The same math runs the design review: when someone proposes a new dependency, a new cache layer, or a 10Γ— scale-up, an engineer who can compute the consequence on a napkin out-arguments three engineers who can't.

5.1 Powers of Two (memorize)

Computers count in powers of 2; capacity, addressing, and memory come in 2ⁿ. The convenient coincidence: each power of 2¹⁰ β‰ˆ 10Β³, so binary and decimal numbers line up cleanly and you can convert in your head.

Power Approx Name Where you see it
2^10 10^3 thousand (KB) Packet, small file
2^20 10^6 million (MB) Image, document
2^30 10^9 billion (GB) Per-host RAM, HD video
2^40 10^12 trillion (TB) Database, single dataset
2^50 10^15 quadrillion (PB) Datacenter-scale storage
2^60 10^18 exabyte (EB) Hyperscaler totals

Bit-budget shortcuts that come up constantly:

  • A signed 32-bit int holds ~2.1 Γ— 10⁹. User IDs, tweet IDs, and bigint counters all hit this ceiling β€” that's why you'll find production migrations from int β†’ bigint in every old codebase.
  • A signed 64-bit int holds ~9.2 Γ— 10¹⁸ β€” effectively infinite for any counter you'll ever build.
  • A 64-bit nanosecond timestamp covers ~292 years from 1970.
  • UUIDv4 = 128 bits = 16 bytes binary, ~36 chars hex, ~22 chars base64.

Typical record sizes (memorize the order of magnitude):

Item Size
Boolean, int8, char 1 B
int32, float32, IPv4 4 B
int64, float64, timestamp 8 B
UUID (binary) 16 B
SHA-256 hash 32 B
Tweet text ~140 B
URL ~100 B
JSON user record 0.5–2 KB
Web image (compressed) 50–500 KB
Phone photo (full) 1–5 MB
HD video (per minute) ~30 MB
4K video (per minute) ~200 MB

These prevent the most common interview mistake: estimating storage off by 1000Γ— because you mixed up KB and MB.

5.2 Latency Numbers Every Programmer Should Know

Originally compiled by Jeff Dean and updated by Peter Norvig.
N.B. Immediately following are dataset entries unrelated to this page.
-- ===== src/Expression/FacePages.antt =====
-- What the writes of the face leave in the display's pages: firmware/components/expression/face.c.
use companion_robot.Base.{
  ℕ, zero, suc, ◌+◌, ◌-◌, ◌*◌, ◌/◌, ◌%◌, ◌≤◌, ◌<◌, ◌≡◌, refl, ap, ◌∙◌, ◌⊎◌, inl, inr, true, ◌&&◌,
  some, List, [], ◌∷◌, ◌++◌, replicate, Bool-cases, lt_or_le, ltb, leb, leb_of_lt, leb_of_le, ◌==◌,
  if◌then◌else◌, arith,
}
use companion_robot.Base.Bytes.{Memory}
use companion_robot.Expression.Face.{
  FaceAct, write_cmd, write_data, FaceState, seek, fill_pages, clear_display, row_buf, draw_rows,
  draw_bitmap, face_set_expression,
}

-- The page selected after a command: those from 0xB0 to 0xB7 select one.
abbrev pub selects : (cmd selected : ℕ) → ℕ
selects c selected = if leb 0xB0 c && ltb c 0xB8 then c - 0xB0 else selected

-- The data last written to a page, for the page selected and the data held before.
abbrev pub held_after : (page selected : ℕ) → List ℕ → List FaceAct → List ℕ
held_after page selected held [] = held
held_after page selected held (write_cmd c ∷ acts) = held_after page (selects c selected) held acts
held_after page selected held (write_data d ∷ acts) =
    held_after page selected (if selected == page then d else held) acts

selects_page : (p selected : ℕ) → p < 8 → selects (0xB0 + p) selected ≡ p
selects_page p selected h = ground arith

selects_column :
    (x selected : ℕ) → selects (0x10 + (x / 16) % 16) (selects (x % 16) selected) ≡ selected
selects_column x selected = ground arith

held_after-seek :
    (page selected p x : ℕ) (held d : List ℕ) (acts : List FaceAct)
    → p < 8
    → held_after page selected held (seek p x ++ (write_data d ∷ acts))
      ≡ held_after page p (if p == page then d else held) acts
held_after-seek page selected p x held d acts h =
    ap (λ (s : ℕ). held_after page s (if s == page then d else held) acts)
      (selects_column x (selects (0xB0 + p) selected) ∙ selects_page p selected h)

-- A row of a drawing, on its page or below the display.
draw_rows_step :
    (page selected x y w n row : ℕ) (bm : Memory) (held : List ℕ)
    → let p = (y + row) / 8 in
      p < 8
      → held_after page selected held (draw_rows bm x y w (suc n) row)
        ≡ held_after page p
            (if p == page then row_buf bm x w row 128 0 else held)
            (draw_rows bm x y w n (row + 1))
unfolding draw_rows
draw_rows_step page selected x y w n row bm held h = rw (leb_of_lt 8 ((y + row) / 8) h) (
    held_after-seek page selected ((y + row) / 8) x held (row_buf bm x w row 128 0)
      (draw_rows bm x y w n (row + 1)) h)

draw_rows_below :
    (page selected x y w n row : ℕ) (bm : Memory) (held : List ℕ)
    → 8 ≤ (y + row) / 8
    → held_after page selected held (draw_rows bm x y w (suc n) row)
      ≡ held_after page selected held (draw_rows bm x y w n (row + 1))
unfolding draw_rows
draw_rows_below page selected x y w n row bm held h = rw (leb_of_le 8 ((y + row) / 8) h) refl

-- Pages that a drawing has passed, or does not reach, hold what they held.
draw_rows_beside :
    (page selected x y w n row : ℕ) (bm : Memory) (held : List ℕ)
    → (page < (y + row) / 8) ⊎ ((y + row + n) ≤ page * 8)
    → page < 8
    → held_after page selected held (draw_rows bm x y w n row) ≡ held
unfolding draw_rows
draw_rows_beside page selected x y w zero row bm held h k = refl
draw_rows_beside page selected x y w (suc n) row bm held h k = elim (lt_or_le ((y + row) / 8) 8) [
  | inl low ↦
      draw_rows_step page selected x y w n row bm held low
      ∙ draw_rows_beside page ((y + row) / 8) x y w n (row + 1) bm _ (omega arith) k
      ∙ ground arith
  | inr high ↦
      draw_rows_below page selected x y w n row bm held high
      ∙ draw_rows_beside page selected x y w n (row + 1) bm held (omega arith) k
]

-- The last row that a page gets is the one that it holds.
draw_rows_last :
    (page selected x y w n row r : ℕ) (bm : Memory) (held : List ℕ)
    → page < 8
    → y + r ≡ page * 8 + 7
    → row ≤ r
    → r < row + n
    → held_after page selected held (draw_rows bm x y w n row) ≡ row_buf bm x w r 128 0
draw_rows_last page selected x y w zero row r bm held p e l u = absurd (omega arith)
draw_rows_last page selected x y w (suc n) row r bm held p e l u =
    draw_rows_step page selected x y w n row bm held (omega arith) ∙ elim (lt_or_le row r) [
      | inl more ↦
          draw_rows_last page ((y + row) / 8) x y w n (row + 1) r bm _ p e (omega arith)
            (omega arith)
      | inr last ↦
          draw_rows_beside page ((y + row) / 8) x y w n (row + 1) bm _ (omega arith) p
          ∙ ground arith
    ]

pub held_after-append :
    (page selected : ℕ) (held : List ℕ) (xs ys : List FaceAct)
    → (s : ℕ) × (held_after page selected held (xs ++ ys)
        ≡ held_after page s (held_after page selected held xs) ys)
held_after-append page selected held [] ys = (selected, refl)
held_after-append page selected held (write_cmd c ∷ xs) ys =
    held_after-append page (selects c selected) held xs ys
held_after-append page selected held (write_data d ∷ xs) ys =
    held_after-append page selected (if selected == page then d else held) xs ys

-- Pages that are filled hold what they were filled with.
fill_pages-held :
    (f : ℕ → List ℕ) (page selected n p : ℕ) (held : List ℕ)
    → p + n ≤ 8
    → held_after page selected held (fill_pages f n p)
      ≡ (if leb p page && ltb page (p + n) then f page else held)
unfolding fill_pages
fill_pages-held f page selected zero p held h = ground arith
fill_pages-held f page selected (suc n) p held h =
    held_after-seek page selected p 0 held (f p) (fill_pages f n (p + 1)) (omega arith)
    ∙ fill_pages-held f page p n (p + 1) (if p == page then f p else held) (omega arith)
    ∙ ground arith

pub cleared :
    (page selected : ℕ) (held : List ℕ)
    → page < 8
    → held_after page selected held clear_display ≡ replicate 128 0
unfolding clear_display
cleared page selected held h =
    fill_pages-held (λ p. replicate 128 0) page selected 8 0 held (omega arith) ∙ ground arith

-- A row of a bitmap of the faces' size.
abbrev pub face_row : Memory → ℕ → List ℕ
face_row bm r = bm (r * 4 + 0) ∷ bm (r * 4 + 1) ∷ bm (r * 4 + 2) ∷ bm (r * 4 + 3) ∷ replicate 124 0

row_buf-face_row : (bm : Memory) (r : ℕ) → row_buf bm 48 32 r 128 0 ≡ face_row bm r
unfolding row_buf
row_buf-face_row bm r = refl

-- A drawing over a cleared display leaves, on each page that it covers to the end, its last row
-- there, and the other pages clear.
pub drawn :
    (page selected x w : ℕ) (bm : Memory) (held : List ℕ)
    → page < 8
    → held_after page selected held (clear_display ++ draw_bitmap bm x 16 w 32)
      ≡ (if leb 2 page && ltb page 6 then row_buf bm x w (page * 8 - 9) 128 0 else replicate 128 0)
unfolding draw_bitmap
drawn page selected x w bm held h =
    let (s, e) = held_after-append page selected held clear_display (draw_rows bm x 16 w 32 0) in
    e
    ∙ ap (λ (l : List ℕ). held_after page s l (draw_rows bm x 16 w 32 0))
        (cleared page selected held h)
    ∙ elim (Bool-cases (leb 2 page && ltb page 6)) [
      | inl i ↦ rw i (
          draw_rows_last page s x 16 w 32 0 (page * 8 - 9) bm (replicate 128 0) h (ground arith)
            (omega arith) (ground arith))
      | inr o ↦ rw o (draw_rows_beside page s x 16 w 32 0 bm (replicate 128 0) (ground arith) h)
    ]

-- A face with a bitmap, set on a display that counts as working: each page from 2 to 5 then holds
-- the last of the eight rows of the bitmap that belong to it, and the other pages are clear. The
-- other rows are overwritten.
pub four_rows_remain :
    (e page selected : ℕ) (bm : Memory) (held : List ℕ) (f : FaceState)
    → f.display_ok ≡ true
    → e < 7
    → f.bitmaps e ≡ some bm
    → page < 8
    → held_after page selected held (face_set_expression e f).1
      ≡ (if leb 2 page && ltb page 6 then face_row bm (page * 8 - 9) else replicate 128 0)
unfolding face_set_expression
four_rows_remain e page selected bm held f ok u b h =
    rw (ok, leb_of_lt 7 e u, b)
      (drawn page selected 48 32 bm held h
        ∙ ap (λ (l : List ℕ). if leb 2 page && ltb page 6 then l else replicate 128 0)
            (row_buf-face_row bm (page * 8 - 9)))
The values below are the modern, rounded version. Memorize them β€” every capacity argument descends from this table.

Operation Time Mental model
L1 cache reference 0.5 ns "free"
Branch mispredict 5 ns Flush the pipeline
L2 cache reference 7 ns 14Γ— L1
Mutex lock/unlock 25 ns Uncontended; contention is much worse
Main memory reference 100 ns 200Γ— L1
Compress 1 KB with Zippy / Snappy 10 Β΅s
Send 1 KB over 1 Gbps 10 Β΅s Network bandwidth, not latency
Read 4 KB random from SSD 150 Β΅s NVMe is faster (10–50 Β΅s)
Read 1 MB sequential from memory 250 Β΅s
Round-trip within same datacenter 500 Β΅s (0.5 ms) One AZ-to-AZ hop
Read 1 MB sequential from SSD 1 ms
Disk seek 10 ms Why databases hate random I/O
Read 1 MB sequential from disk 20 ms 80Γ— SSD
Cross-region (intra-continent) 10–60 ms
Cross-continent round-trip ~150 ms Speed of light through fiber

Time-scaled to human terms (intuition pump). If 1 ns = 1 second:

Operation Human-scale
L1 hit 0.5 s (a heartbeat)
Memory access ~2 minutes
SSD random read ~1.5 days
Same-DC round trip ~6 days
1 MB from disk ~8 months
Cross-continent round trip ~5 years

This is why crossing layers β€” process β†’ host β†’ datacenter β†’ region β€” is the dominant design concern. Each boundary is 10–100Γ— slower than the one before.

Operational implications:

  • Never block a user request on a cross-region call unless you absolutely must. 150 ms is a non-negotiable speed-of-light tax that blows most p99 budgets.
  • Disk seeks are the enemy. Sequential I/O is ~100Γ— faster than random. This is the reason LSM-trees, log-structured storage, and append-only logs win for write-heavy workloads.
  • A network call costs roughly the same as 1 MB of memory work. A chatty service that issues 50 RPCs per page-render burns 50 Γ— 0.5 ms = 25 ms in network alone, before any actual work.
  • Memory bandwidth dominates within a process. Allocating millions of small objects is often slower than fewer big ones, because cache misses, not CPU work, are the bottleneck.
  • Compression is essentially free at 10 Β΅s per KB compared to network I/O β€” always compress payloads crossing the network.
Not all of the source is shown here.